Subway is also a relatively common scene. Let’s listen to the original sound. This is actually me reading a poem on Shanghai subway Line 10. Let’s listen to one of the effects of noise reduction.
A noise inside a car, like a noise in a taxi, let’s listen. Let’s listen to the noise reduction effect of motion sickness Brother, and this is a piece of language material that we actually recorded in a taxi, with the whole engine noise removed.
Can we do it better?
After listening to these demos, let’s see what we can do to make it better, to make the scene a little bit more.

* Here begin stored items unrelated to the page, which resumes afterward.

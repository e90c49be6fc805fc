-- ===== src/Dumper/Sessions.antt =====
-- The ClickHouse client of a schema dump of mcp_server/dumper.py.
use dbwarden_harness.Base.{String, List, [], ◌∷◌, inl, inr, arith, string_eq}
use dbwarden_harness.Base.Result.{Result-cases}
use dbwarden_harness.Dumper.{
  Settings, Call, connected, queried, closed, Urls, Tools, create_query, list_query, statements,
  session, open_session, server_settings, dump_clickhouse, dump_database_schema,
}

-- No client is closed yet.
abbrev pub IsOpen : List Call → Type 0
IsOpen [] = Unit
IsOpen (connected s ∷ calls) = IsOpen calls
IsOpen (queried q ∷ calls) = IsOpen calls
IsOpen (closed ∷ calls) = ⊥

-- The calls of a client that is gone: none at all, or a single close at the end.
abbrev pub IsClosed : List Call → Type 0
IsClosed [] = Unit
IsClosed (connected s ∷ calls) = ⊥
IsClosed (queried q ∷ calls) = ⊥
IsClosed (closed ∷ calls) = IsOpen calls

module _ (urls : Urls) (tools : Tools) where
  statements-IsOpen :
      (database : String) (tables : List String) (calls : List Call)
      → IsOpen calls
      → IsOpen (statements urls tools database tables calls).1
  unfolding statements
  statements-IsOpen database [] calls h = h
  statements-IsOpen database (table ∷ rest) calls h =
      let asked = queried (create_query database table) ∷ calls in
      let later = statements-IsOpen database rest asked h in
      elim (Result-cases (tools.answer asked)) [
        | inl (rows, e) ↦ ground (arith, e, later)
        | inr (x, e) ↦ ground (arith, e, h)
      ]

  session-IsClosed : (s : Settings) → IsClosed (session urls tools s).1
  unfolding session
  session-IsClosed s =
      let asked : List Call = queried list_query ∷ connected s ∷ [] in
      elim (Result-cases (tools.answer asked)) [
        | inl (tables, e) ↦ ground (arith, e, statements-IsOpen s.database tables asked tt)
        | inr (x, e) ↦ ground (arith, e)
      ]

  dump_clickhouse-IsClosed :
      (database_url : String) → IsClosed (dump_clickhouse urls tools database_url).1
  unfolding dump_clickhouse open_session
  dump_clickhouse-IsClosed database_url =
      elim (Result-cases (server_settings urls tools database_url)) [
        | inr (x, e) ↦ ground (arith, e)
        | inl (s, e) ↦ elim (Result-cases (tools.connect s)) [
          | inl (done, f) ↦ ground (arith, e, f, session-IsClosed s)
          | inr (x, f) ↦ ground (arith, e, f)
        ]
      ]

  -- However a schema dump ends, with a text or an error at any point, a ClickHouse client that it
  -- opened is closed, once and after its last query.
  pub dump_database_schema-IsClosed :
      (database_url backend : String)
      → IsClosed (dump_database_schema urls tools database_url backend).1
  unfolding dump_database_schema
  dump_database_schema-IsClosed database_url backend =
      ground (arith, dump_clickhouse-IsClosed database_url)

We still have a lot of unsolved problems. Include some music information, if you are in a music scene to noise, you’ll find accompaniment are not the only voices, these scenarios may be more sophisticated ways, such as audio source separation way, can the sound of the instrument is also retained, but some of the music sounds like a field of noise is more difficult to solve. The other one is like a human voice, like Babble noise, and the background noise is sometimes hard to distinguish from the human voice, especially like the cocktail effect, where everyone is talking, and it’s hard for the AI to determine which person is really speaking effectively. Noise suppression, such as what we are doing is single channel, using some microphone arrays may do some directional noise reduction, but this is also a difficult place, what sound is worth keeping, vocals and background how to distinguish the direction of this is difficult, and this is the future we will explore a more clear direction.
That’s all for my sharing. Thank you.